- Troy Dorchester with his outriders winning the 2012 Calgary Stampede Aggregate Title
- Born: December 6, 1972
- Achievements: Calgary Stampede Rangeland Derby (2012) Calgary Stampede Aggregate Title (2012) Ponoka Stampede Champion (2012)

= Troy Dorchester =

Canadian professional chuckwagon racer

Troy Dorchester (born December 6, 1972) is a Canadian professional chuckwagon racer. He is the only chuckwagon driver to have won chuckwagon racing's "Triple Crown" consisting of the Calgary Stampede Rangeland Derby, the Calgary Stampede Aggregate Title and the Ponoka Stampede in a single year. He accomplished the feat in 2012.

==Career==
Dorchester grew up in Westerose, Alberta. He started his chuckwagon racing career driving pony chuckwagons, and began driving thoroughbred wagons in 1993 on the World Professional Chuckwagon Association (WPCA) circuit and won WPCA Top Rookie Driver honors. He qualified for his first Calgary Stampede Rangeland Derby as a driver in 1998 and won the Orville Strandquist Award for top rookie driver.

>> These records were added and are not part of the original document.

-- ===== src/HostKeys/Algorithms.antt =====
-- pinnedHostKeyAlgorithms and algorithmsForKeyType of internal/uploader/hostkeys.go. The types of the keys
-- that known-hosts lists for the host, and the algorithms that the SSH library supports, are parameters.
pub mod Offered
use easy_sftp.Prelude.{
  Bool, true, false, ◌||◌, if◌then◌else◌, List, [], ◌∷◌, ◌++◌, Bytes, eq_bytes, codes, Option, none,
  some,
}

-- The names of the algorithms in golang.org/x/crypto/ssh.
abbrev pub cert_of : Bytes → Bytes
cert_of name = name ++ codes "-cert-v01@openssh.com"

-- algorithmsForKeyType
unfoldable pub algorithms_for_key_type : Bytes → List Bytes
algorithms_for_key_type t =
    if eq_bytes t (codes "ssh-rsa") || eq_bytes t (codes "ssh-rsa-cert-v01@openssh.com")
    then cert_of (codes "rsa-sha2-256")
      ∷ cert_of (codes "rsa-sha2-512")
      ∷ codes "rsa-sha2-256"
      ∷ codes "rsa-sha2-512"
      ∷ []
    else (if eq_bytes t (codes "ecdsa-sha2-nistp256")
          || eq_bytes t (codes "ecdsa-sha2-nistp384")
          || eq_bytes t (codes "ecdsa-sha2-nistp521")
          || eq_bytes t (codes "ssh-ed25519")
        then cert_of t ∷ t ∷ []
        else t ∷ [])

abbrev pub has_name : List Bytes → Bytes → Bool
has_name [] a = false
has_name (b ∷ names) a = eq_bytes b a || has_name names a

abbrev pub add_algo : List Bytes → List Bytes → Bytes → List Bytes
add_algo supported algos a =
    if has_name supported a then (if has_name algos a then algos else algos ++ a ∷ []) else algos

-- The inner loop: each supported algorithm that is not in the list is put at its end.
unfoldable pub offer : List Bytes → List Bytes → List Bytes → List Bytes
offer supported algos [] = algos
offer supported algos (a ∷ rest) = offer supported (add_algo supported algos a) rest

unfoldable pub offer_all : List Bytes → List Bytes → List Bytes → List Bytes
unfolding offer algorithms_for_key_type
offer_all supported algos [] = algos
offer_all supported algos (t ∷ types) =
    offer_all supported (offer supported algos (algorithms_for_key_type t)) types

-- pinnedHostKeyAlgorithms; without known-hosts there are no types, and no algorithms mean any.
unfoldable pub pinned_host_key_algorithms :
    List Bytes → List Bytes → Option (List Bytes) → List Bytes
unfolding offer_all
pinned_host_key_algorithms supported (f ∷ fingerprints) known = []
pinned_host_key_algorithms supported [] none = []
pinned_host_key_algorithms supported [] (some types) = offer_all supported [] types
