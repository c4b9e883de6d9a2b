-- ===== src/HostKeys/Algorithms/Offered.antt =====
-- Which algorithms are asked for: the supported ones of the key types that known-hosts lists, each once.
use easy_sftp.Prelude.{
  ◌≡◌, refl, sym, subst, ap, ◌∙◌, Bool, true, false, if◌then◌else◌, codes, ◌&&◌, ◌||◌, List, [],
  ◌∷◌, ◌++◌, Bytes, eq_bytes, eq_bytes_refl, eq_bytes_sound, some, arith, Bool-cases, inl, inr,
}
use easy_sftp.HostKeys.Algorithms.{
  algorithms_for_key_type, has_name, add_algo, offer, offer_all, pinned_host_key_algorithms,
}

has_name-append :
    (names : List Bytes) (a q : Bytes)
    → has_name (names ++ a ∷ []) q ≡ (has_name names q || eq_bytes a q)
has_name-append [] a q = ground arith
has_name-append (b ∷ names) a q = ground (arith, has_name-append names a q)

add_algo_self :
    (supported algos : List Bytes) (q : Bytes)
    → has_name (add_algo supported algos q) q ≡ (has_name algos q || has_name supported q)
add_algo_self supported algos q = ground (arith, has_name-append algos q q, eq_bytes_refl q)

add_algo_lem :
    (supported algos : List Bytes) (a q : Bytes)
    → has_name (add_algo supported algos a) q
      ≡ (has_name algos q || (has_name supported q && eq_bytes a q))
add_algo_lem supported algos a q = elim (Bool-cases (eq_bytes a q)) [
  | inr other ↦ ground (arith, has_name-append algos a q)
  | inl same ↦
      let e : a ≡ q = eq_bytes_sound a q same in
      rw e (ground (arith, add_algo_self supported algos q, eq_bytes_refl q))
]

offer_lem :
    (supported algos types : List Bytes) (q : Bytes)
    → has_name (offer supported algos types) q
      ≡ (has_name algos q || (has_name supported q && has_name types q))
unfolding offer
offer_lem supported algos [] q = ground arith
offer_lem supported algos (a ∷ types) q =
    offer_lem supported (add_algo supported algos a) types q
    ∙ regroup (has_name (add_algo supported algos a) q) (has_name algos q) (has_name supported q)
        (eq_bytes a q) (has_name types q) (add_algo_lem supported algos a q)
  where
    regroup :
        (added old known here later : Bool)
        → added ≡ (old || (known && here))
        → (added || (known && later)) ≡ (old || (known && (here || later)))
    regroup added old known here later e = ground arith

-- The key types that sign under other names than their own, each with one of those names: an RSA key only
-- signs with SHA-2, an ECDSA or Ed25519 key also goes by its certificate.
abbrev pub signature_names : List (Bytes × Bytes)
signature_names =
    (codes "ssh-rsa", codes "rsa-sha2-256-cert-v01@openssh.com")
    ∷ (codes "ssh-rsa", codes "rsa-sha2-512-cert-v01@openssh.com")
    ∷ (codes "ssh-rsa", codes "rsa-sha2-256")
    ∷ (codes "ssh-rsa", codes "rsa-sha2-512")
    ∷ (codes "ssh-rsa-cert-v01@openssh.com", codes "rsa-sha2-256-cert-v01@openssh.com")
    ∷ (codes "ssh-rsa-cert-v01@openssh.com", codes "rsa-sha2-512-cert-v01@openssh.com")
    ∷ (codes "ssh-rsa-cert-v01@openssh.com", codes "rsa-sha2-256")
    ∷ (codes "ssh-rsa-cert-v01@openssh.com", codes "rsa-sha2-512")
    ∷ (codes "ecdsa-sha2-nistp256", codes "ecdsa-sha2-nistp256-cert-v01@openssh.com")
    ∷ (codes "ecdsa-sha2-nistp256", codes "ecdsa-sha2-nistp256")
    ∷ (codes "ecdsa-sha2-nistp384", codes "ecdsa-sha2-nistp384-cert-v01@openssh.com")
    ∷ (codes "ecdsa-sha2-nistp384", codes "ecdsa-sha2-nistp384")
    ∷ (codes "ecdsa-sha2-nistp521", codes "ecdsa-sha2-nistp521-cert-v01@openssh.com")
    ∷ (codes "ecdsa-sha2-nistp521", codes "ecdsa-sha2-nistp521")
    ∷ (codes "ssh-ed25519", codes "ssh-ed25519-cert-v01@openssh.com")
    ∷ (codes "ssh-ed25519", codes "ssh-ed25519")
    ∷ []

-- A row of the table has both texts.
abbrev pub has_row : List (Bytes × Bytes) → Bytes → Bytes → Bool
has_row [] t q = false
has_row ((k, a) ∷ rows) t q = (eq_bytes t k && eq_bytes a q) || has_row rows t q

-- A row of the table is about the key type.
abbrev pub has_type : List (Bytes × Bytes) → Bytes → Bool
has_type [] t = false
has_type ((k, a) ∷ rows) t = eq_bytes t k || has_type rows t

-- The key type signs under the name: by the table, or under its own name where the table is silent.
abbrev pub signs_as : Bytes → Bytes → Bool
signs_as t q = if has_type signature_names t then has_row signature_names t q else eq_bytes t q

-- A key type of the list signs under the name.
abbrev pub is_offered_by : List Bytes → Bytes → Bool
is_offered_by [] q = false
is_offered_by (t ∷ types) q = signs_as t q || is_offered_by types q

abbrev Agrees : Bytes → Bytes → Type 0
Agrees t q = has_name (algorithms_for_key_type t) q ≡ signs_as t q

at_type : (k q : Bytes) → Agrees k q → (t : Bytes) → eq_bytes t k ≡ true → Agrees t q
at_type k q h t same = subst (λ u. Agrees u q) (sym (eq_bytes_sound t k same)) h

or_false : (b : Bool) → (b || false) ≡ b
or_false b = ground arith

has_name-algorithms_for_key_type : (t q : Bytes) → Agrees t q
unfolding algorithms_for_key_type
has_name-algorithms_for_key_type t q = elim (Bool-cases (eq_bytes t (codes "ssh-rsa"))) [
  | inl rsa ↦ at_type (codes "ssh-rsa") q refl t rsa
  | inr h1 ↦ elim (Bool-cases (eq_bytes t (codes "ssh-rsa-cert-v01@openssh.com"))) [
    | inl cert ↦ at_type (codes "ssh-rsa-cert-v01@openssh.com") q refl t cert
    | inr h2 ↦ elim (Bool-cases (eq_bytes t (codes "ecdsa-sha2-nistp256"))) [
      | inl p256 ↦ at_type (codes "ecdsa-sha2-nistp256") q refl t p256
      | inr h3 ↦ elim (Bool-cases (eq_bytes t (codes "ecdsa-sha2-nistp384"))) [
        | inl p384 ↦ at_type (codes "ecdsa-sha2-nistp384") q refl t p384
        | inr h4 ↦ elim (Bool-cases (eq_bytes t (codes "ecdsa-sha2-nistp521"))) [
          | inl p521 ↦ at_type (codes "ecdsa-sha2-nistp521") q refl t p521
          | inr h5 ↦ elim (Bool-cases (eq_bytes t (codes "ssh-ed25519"))) [
            | inl ed ↦ at_type (codes "ssh-ed25519") q refl t ed
            | inr h6 ↦ rw (h1, h2, h3, h4, h5, h6) (or_false (eq_bytes t q))
          ]
        ]
      ]
    ]
  ]
]

offer_all_lem :
    (supported algos types : List Bytes) (q : Bytes)
    → has_name (offer_all supported algos types) q
      ≡ (has_name algos q || (has_name supported q && is_offered_by types q))
unfolding offer_all
offer_all_lem supported algos [] q = ground arith
offer_all_lem supported algos (t ∷ types) q =
    offer_all_lem supported (offer supported algos (algorithms_for_key_type t)) types q
    ∙ regroup (has_name (offer supported algos (algorithms_for_key_type t)) q) (has_name algos q)
        (has_name supported q) (has_name (algorithms_for_key_type t) q) (signs_as t q)
        (is_offered_by types q) (offer_lem supported algos (algorithms_for_key_type t) q)
        (has_name-algorithms_for_key_type t q)
  where
    regroup :
        (added old known named signs later : Bool)
        → added ≡ (old || (known && named))
        → named ≡ signs
        → (added || (known && later)) ≡ (old || (known && (signs || later)))
    regroup added old known named signs later e f = ground arith

-- The names are all different.
abbrev pub NoRepeats : List Bytes → Type 0
NoRepeats [] = Unit
NoRepeats (a ∷ names) = (has_name names a ≡ false) × NoRepeats names

eq_bytes_sym : (s t : Bytes) → eq_bytes s t ≡ false → eq_bytes t s ≡ false
eq_bytes_sym s t h = elim (Bool-cases (eq_bytes t s)) [
  | inr other ↦ other
  | inl same ↦
      let e : t ≡ s = eq_bytes_sound t s same in
      absurd (clash (ap (λ (u : Bytes). eq_bytes s u) e ∙ eq_bytes_refl s) h)
]
  where
    clash : {b : Bool} → b ≡ true → b ≡ false → ⊥
    clash x y = cc

append-NoRepeats :
    (names : List Bytes) (a : Bytes)
    → NoRepeats names
    → has_name names a ≡ false
    → NoRepeats (names ++ a ∷ [])
append-NoRepeats [] a h new = (refl, tt)
append-NoRepeats (b ∷ names) a h new = (
  ground (arith, has_name-append names a b, eq_bytes_sym b a),
  append-NoRepeats names a h.1 (ground arith),
)

add_algo-NoRepeats :
    (supported algos : List Bytes) (a : Bytes)
    → NoRepeats algos
    → NoRepeats (add_algo supported algos a)
add_algo-NoRepeats supported algos a h = elim (Bool-cases (has_name supported a)) [
  | inr other ↦ rw other h
  | inl known ↦ elim (Bool-cases (has_name algos a)) [
    | inl old ↦ rw (known, old) h
    | inr new ↦ rw (known, new) (append-NoRepeats algos a h new)
  ]
]

offer-NoRepeats :
    (supported algos types : List Bytes) → NoRepeats algos → NoRepeats (offer supported algos types)
unfolding offer
offer-NoRepeats supported algos [] h = h
offer-NoRepeats supported algos (a ∷ types) h =
    offer-NoRepeats supported (add_algo supported algos a) types
      (add_algo-NoRepeats supported algos a h)

offer_all-NoRepeats :
    (supported algos types : List Bytes)
    → NoRepeats algos
    → NoRepeats (offer_all supported algos types)
unfolding offer_all
offer_all-NoRepeats supported algos [] h = h
offer_all-NoRepeats supported algos (t ∷ types) h =
    offer_all-NoRepeats supported (offer supported algos (algorithms_for_key_type t)) types
      (offer-NoRepeats supported algos (algorithms_for_key_type t) h)

-- With known-hosts lines and no fingerprint, pinnedHostKeyAlgorithms names exactly the supported
-- algorithms that a key type known for the host signs under, each of them once. ssh-rsa and its
-- certificate sign under the two names of RSA with SHA-2 and their certificates, the three ECDSA types
-- and ssh-ed25519 under their own name and their certificate's, and every other type under its own
-- name only.
pub pinned_host_key_algorithms_lem :
    (supported types : List Bytes) (q : Bytes)
    → (has_name (pinned_host_key_algorithms supported [] (some types)) q
        ≡ (has_name supported q && is_offered_by types q))
      × NoRepeats (pinned_host_key_algorithms supported [] (some types))
unfolding pinned_host_key_algorithms
pinned_host_key_algorithms_lem supported types q =
    (offer_all_lem supported [] types q, offer_all-NoRepeats supported [] types tt)
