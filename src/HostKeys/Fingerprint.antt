-- ===== src/HostKeys/Fingerprint.antt =====
-- parseHostKeyFingerprint of internal/uploader/hostkeys.go with the tests behind its error messages.
pub mod Parsed
use easy_sftp.Prelude.{
  ℕ, Bool, true, false, ◌||◌, if◌then◌else◌, List, [], ◌∷◌, Bytes, codes, Result, ok, err,
}
use easy_sftp.Strings.{has_prefix, fields}

-- The errors of parseHostKeyFingerprint, by the advice in their messages.
pub data FingerprintError : Type 0 where
  no_fields two_fingerprints is_md5 is_known_hosts is_public_key is_other : FingerprintError

abbrev pub is_key_type : Bytes → Bool
is_key_type f =
    has_prefix f (codes "ssh-") || has_prefix f (codes "ecdsa-") || has_prefix f (codes "sk-")

-- isKnownHostsLine
unfoldable pub is_known_hosts_line : List Bytes → Bool
is_known_hosts_line [] = false
is_known_hosts_line (f ∷ []) = has_prefix f (codes "|1|") || has_prefix f (codes "@")
is_known_hosts_line (f ∷ g ∷ fs) =
    if has_prefix f (codes "|1|") || has_prefix f (codes "@") then true else is_key_type g

-- isPublicKeyLine; the callers have at least one field.
unfoldable pub is_public_key_line : List Bytes → Bool
is_public_key_line [] = false
is_public_key_line (f ∷ fs) = is_key_type f

-- isMD5Fingerprint
unfoldable pub is_md5_fingerprint : List Bytes → Bool
is_md5_fingerprint [] = false
is_md5_fingerprint (f ∷ fs) = if has_prefix f (codes "MD5:") then true else is_md5_fingerprint fs

abbrev pub is_sha256 : Bytes → Bool
is_sha256 f = has_prefix f (codes "SHA256:")

-- The loop over the fields, with what it found so far.
unfoldable pub find_sha256 : Bytes → List Bytes → Result FingerprintError Bytes
find_sha256 found [] = ok found
find_sha256 [] (f ∷ fs) = find_sha256 (if is_sha256 f then f else []) fs
find_sha256 (c ∷ found) (f ∷ fs) =
    let rest = find_sha256 (c ∷ found) fs in if is_sha256 f then err two_fingerprints else rest

abbrev pub advice : List Bytes → FingerprintError
advice fs =
    if is_md5_fingerprint fs
    then is_md5
    else (if is_known_hosts_line fs
        then is_known_hosts
        else (if is_public_key_line fs then is_public_key else is_other))

abbrev pub decide : List Bytes → Result FingerprintError Bytes → Result FingerprintError Bytes
decide fs (err e) = err e
decide fs (ok []) = err (advice fs)
decide fs (ok (c ∷ found)) = ok (c ∷ found)

abbrev pub parse_fields : List Bytes → Result FingerprintError Bytes
parse_fields [] = err no_fields
parse_fields (f ∷ fs) = decide (f ∷ fs) (find_sha256 [] (f ∷ fs))

-- parseHostKeyFingerprint
unfoldable pub parse_host_key_fingerprint : Bytes → Result FingerprintError Bytes
unfolding find_sha256 is_md5_fingerprint is_known_hosts_line is_public_key_line fields
parse_host_key_fingerprint line = parse_fields (fields line)
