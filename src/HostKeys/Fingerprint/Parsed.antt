-- ===== src/HostKeys/Fingerprint/Parsed.antt =====
-- What a line of fingerprints stands for: its only field that is one.
use easy_sftp.Prelude.{
  ℕ, ◌≢◌, ◌≡◌, ◌↔◌, refl, ap, true, false, List, [], ◌∷◌, ◌++◌, Bytes, Result, ok, err, All,
  Bool-cases, inl, inr, subst,
}
use easy_sftp.Strings.{fields}
use easy_sftp.HostKeys.Fingerprint.{
  FingerprintError, is_sha256, find_sha256, decide, parse_fields, parse_host_key_fingerprint,
}

-- No field is a fingerprint.
abbrev pub NoSha256 : List Bytes → Type 0
NoSha256 = All (λ f. is_sha256 f ≡ false)

-- The fields have one fingerprint.
abbrev pub IsOnly : List Bytes → Bytes → Type 0
IsOnly fs f =
    (before : List Bytes) × (after : List Bytes) × (fs ≡ before ++ f ∷ after)
    × (is_sha256 f ≡ true)
    × NoSha256 before
    × NoSha256 after

ok_injective : {f g : Bytes} → Path (Result FingerprintError Bytes) (ok f) (ok g) → f ≡ g
ok_injective h = cc

find_second :
    (c : ℕ) (found : Bytes) (fs : List Bytes) {f : Bytes}
    → find_sha256 (c ∷ found) fs ≡ ok f
    → (c ∷ found ≡ f) × NoSha256 fs
unfolding find_sha256
find_second c found [] h = (ok_injective h, tt)
find_second c found (g ∷ fs) {f} h = elim (Bool-cases (is_sha256 g)) [
  | inl again ↦ absurd (refused (rw (again, find_sha256) at h))
  | inr other ↦
      let rest : find_sha256 (c ∷ found) fs ≡ ok f = (rw (other, find_sha256) at h) in
      let (same, none_left) = find_second c found fs rest in (same, (other, none_left))
]
  where
    refused : {d : FingerprintError} → Path (Result FingerprintError Bytes) (err d) (ok f) → ⊥
    refused e = cc

find_second-NoSha256 :
    (c : ℕ) (found : Bytes) (fs : List Bytes)
    → NoSha256 fs
    → find_sha256 (c ∷ found) fs ≡ ok (c ∷ found)
unfolding find_sha256
find_second-NoSha256 c found [] h = refl
find_second-NoSha256 c found (g ∷ fs) h =
    rw (h.0, find_sha256) (find_second-NoSha256 c found fs h.1)

find_first :
    (fs : List Bytes) (c : ℕ) (found : Bytes)
    → find_sha256 [] fs ≡ ok (c ∷ found)
    → IsOnly fs (c ∷ found)
unfolding find_sha256
find_first [] c found h = absurd (nil_cons (ok_injective h))
  where
    nil_cons : Path Bytes [] (c ∷ found) → ⊥
    nil_cons e = cc
find_first ([] ∷ fs) c found h =
    let (before, after, e, is, clean, rest) = find_first fs c found h in
    ([] ∷ before, after, ap (◌∷◌ []) e, is, (refl, clean), rest)
find_first ((d ∷ g) ∷ fs) c found h = elim (Bool-cases (is_sha256 (d ∷ g))) [
  | inl yes_here ↦
      let (same, none_left) = find_second d g fs (rw (yes_here, find_sha256) at h) in
      (
        [],
        fs,
        ap (λ (x : Bytes). x ∷ fs) same,
        subst (λ x. is_sha256 x ≡ true) same yes_here,
        tt,
        none_left,
      )
  | inr other ↦
      let rest : find_sha256 [] fs ≡ ok (c ∷ found) = (rw (other, find_sha256) at h) in
      let (before, after, e, is, clean, tail) = find_first fs c found rest in
      ((d ∷ g) ∷ before, after, ap (◌∷◌ (d ∷ g)) e, is, (other, clean), tail)
]

find_only :
    (before after : List Bytes) (c : ℕ) (found : Bytes)
    → is_sha256 (c ∷ found) ≡ true
    → NoSha256 before
    → NoSha256 after
    → find_sha256 [] (before ++ (c ∷ found) ∷ after) ≡ ok (c ∷ found)
unfolding find_sha256
find_only [] after c found is h rest =
    rw (is, find_sha256) (find_second-NoSha256 c found after rest)
find_only (g ∷ before) after c found is h rest =
    rw (h.0, find_sha256) (find_only before after c found is h.1 rest)

decided :
    (fs : List Bytes) (r : Result FingerprintError Bytes) {f : Bytes}
    → decide fs r ≡ ok f
    → (r ≡ ok f) × (f ≢ [])
decided fs (err e) h = cc
decided fs (ok []) h = cc
decided fs (ok (c ∷ found)) h = (h, λ e. cc)

parsed_fields : (fs : List Bytes) (f : Bytes) → parse_fields fs ≡ ok f → IsOnly fs f
parsed_fields [] f h = cc
parsed_fields (g ∷ fs) [] h = absurd ((decided (g ∷ fs) (find_sha256 [] (g ∷ fs)) h).1 refl)
parsed_fields (g ∷ fs) (c ∷ found) h =
    find_first (g ∷ fs) c found (decided (g ∷ fs) (find_sha256 [] (g ∷ fs)) h).0

parse_split :
    (before after : List Bytes) (c : ℕ) (found : Bytes)
    → is_sha256 (c ∷ found) ≡ true
    → NoSha256 before
    → NoSha256 after
    → parse_fields (before ++ (c ∷ found) ∷ after) ≡ ok (c ∷ found)
parse_split [] after c found is h rest = rw (find_only [] after c found is h rest, decide) refl
parse_split (g ∷ before) after c found is h rest =
    rw (find_only (g ∷ before) after c found is h rest, decide) refl

parse_only : (fs : List Bytes) (f : Bytes) → IsOnly fs f → parse_fields fs ≡ ok f
parse_only fs [] (before, after, e, is, h, rest) = cc
parse_only fs (c ∷ found) (before, after, e, is, h, rest) =
    rw e (parse_split before after c found is h rest)

-- parseHostKeyFingerprint returns a text exactly if it is the one field of the line that begins with
-- SHA256 and a colon, and no other field does.
pub parse_host_key_fingerprint_iff :
    (line f : Bytes) → (parse_host_key_fingerprint line ≡ ok f) ↔ IsOnly (fields line) f
unfolding parse_host_key_fingerprint
parse_host_key_fingerprint_iff line f = (parsed_fields (fields line) f, parse_only (fields line) f)
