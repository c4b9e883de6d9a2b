-- ===== src/HostKeys/Policy.antt =====
-- hostKeyCallback of internal/uploader/hostkeys.go. The key's fingerprint and the reader of known-hosts
-- lines come from the SSH library and are parameters.
pub mod Accepts
use easy_sftp.Prelude.{
  Bool, true, false, if◌then◌else◌, List, [], ◌∷◌, Bytes, eq_bytes, Option, none, some, Result, ok,
  err,
}
use easy_sftp.HostKeys.Fingerprint.{FingerprintError, parse_host_key_fingerprint}

-- The settings of a hop that say which keys it has.
pub record HopKeys : Type 0 where
  pub fingerprints : List Bytes
  pub known_hosts : Bytes
  pub allow_any_host_key : Bool

pub data KeyError : Type 0 where
  unverified : KeyError
  bad_fingerprint : FingerprintError → KeyError
  bad_known_hosts : KeyError

abbrev pub cons_pin :
    Result FingerprintError Bytes → Result KeyError (List Bytes) → Result KeyError (List Bytes)
cons_pin (err e) rest = err (bad_fingerprint e)
cons_pin (ok f) (err e) = err e
cons_pin (ok f) (ok want) = ok (f ∷ want)

-- The fingerprints that the lines stand for, or the error of the first line that stands for none.
unfoldable pub parse_all : List Bytes → Result KeyError (List Bytes)
unfolding parse_host_key_fingerprint
parse_all [] = ok []
parse_all (line ∷ lines) = cons_pin (parse_host_key_fingerprint line) (parse_all lines)

-- A callback: it takes the name of the host and its key.
abbrev pub Callback : Type 0 → Type 0
Callback Key = Bytes → Key → Bool

module _ {Key : Type 0} (fingerprint : Key → Bytes) where
  unfoldable pub is_pinned : List Bytes → Key → Bool
  is_pinned [] key = false
  is_pinned (f ∷ want) key = if eq_bytes (fingerprint key) f then true else is_pinned want key

  -- The callback where something is configured.
  abbrev pub by_pins : List Bytes → Option (Callback Key) → Callback Key
  by_pins want none host key = is_pinned want key
  by_pins want (some known) host key = if is_pinned want key then true else known host key

  abbrev pub with_pins :
      Result KeyError (List Bytes)
      → Result KeyError (Option (Callback Key))
      → Result KeyError (Callback Key)
  with_pins (err e) known = err e
  with_pins (ok want) (err e) = err e
  with_pins (ok want) (ok known) = ok (by_pins want known)

abbrev pub opened : {Key : Type 0} → Option (Callback Key) → Result KeyError (Option (Callback Key))
opened none = err bad_known_hosts
opened (some known) = ok (some known)

-- knownHostsCallback, where there are known-hosts lines.
abbrev pub known_hosts_callback :
    {Key : Type 0}
    → (Bytes → Option (Callback Key))
    → Bytes
    → Result KeyError (Option (Callback Key))
known_hosts_callback read_known_hosts [] = ok none
known_hosts_callback read_known_hosts (c ∷ lines) = opened (read_known_hosts (c ∷ lines))

abbrev pub nothing_pinned : HopKeys → Bool
nothing_pinned h = elim h.fingerprints [ [] ↦ eq_bytes h.known_hosts [] | f ∷ fs ↦ false ]

-- hostKeyCallback
unfoldable pub host_key_callback :
    {Key : Type 0} (fingerprint : Key → Bytes)
    → (Bytes → Option (Callback Key))
    → HopKeys
    → Result KeyError (Callback Key)
unfolding parse_all is_pinned
host_key_callback fingerprint read_known_hosts h =
    if nothing_pinned h
    then (if h.allow_any_host_key then ok (λ host key. true) else err unverified)
    else with_pins fingerprint (parse_all h.fingerprints)
        (known_hosts_callback read_known_hosts h.known_hosts)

His first show championship win came in 1999 at the Grande Prairie Stampede. Later that same year he added the Strathmore Heritage Days Championship, and captured the WPCA Pro Tour Championship (a showcase event held at Strathmore in conjunction with the Strathmore Heritage Days) as well. Although he had been close (he qualified for a number of single run championship final heats) and was runner-up for the World Championship in 2011, Troy did not win another event until 2012 when he captured the Ponoka Stampede. He followed it up two weeks later when he captured the Calgary Stampede Aggregate Championship, and two days later won chuckwagon racing biggest event - the Calgary Stampede Rangeland Derby to become the first man to win chuckwagon racing's "Triple Crown" in a single year.

==Professional wins==

===Show Wins - Driver (6)===
- 1999 (3) Grande Prairie Stompede, Strathmore Heritage Days, WPCA GMC Tour Championship
- 2012 (3) Ponoka Stampede, Calgary Stampede Rangeland Derby Champion Driver, Richard Cosgrave Memorial Award (Calgary Stampede Aggregate Champion)

==Awards==
- WPCA Top Rookie Driver (1993)
- Orville Strandquist Award (1998)
- WPCA Clean Drive Award (2011, 2014)
- Calgary Stampede Safety Award (Least Penalized Driver) (2012)

==Personal life==
Troy is a third generation champion chuckwagon driver whose grandfather was hall-of-fame cowboy Tom Dorchester - a 4-time World and 2-time Calgary Stampede champion, his father Garry Dorchester is a former World and Calgary Stampede Champion, and Uncle Dallas Dorchester was a former World and 2-time Calgary Stampede Champion as well. Troy is a first cousin to 2-time World Champion Chuckwagon Driver Rick Fraser, and 2-time World Champion Chuckwagon Outrider Quinn Dorchester. Troy has three children - Emilee, Haley and Connor. He and his wife Jennifer make their home in Westerose, Alberta.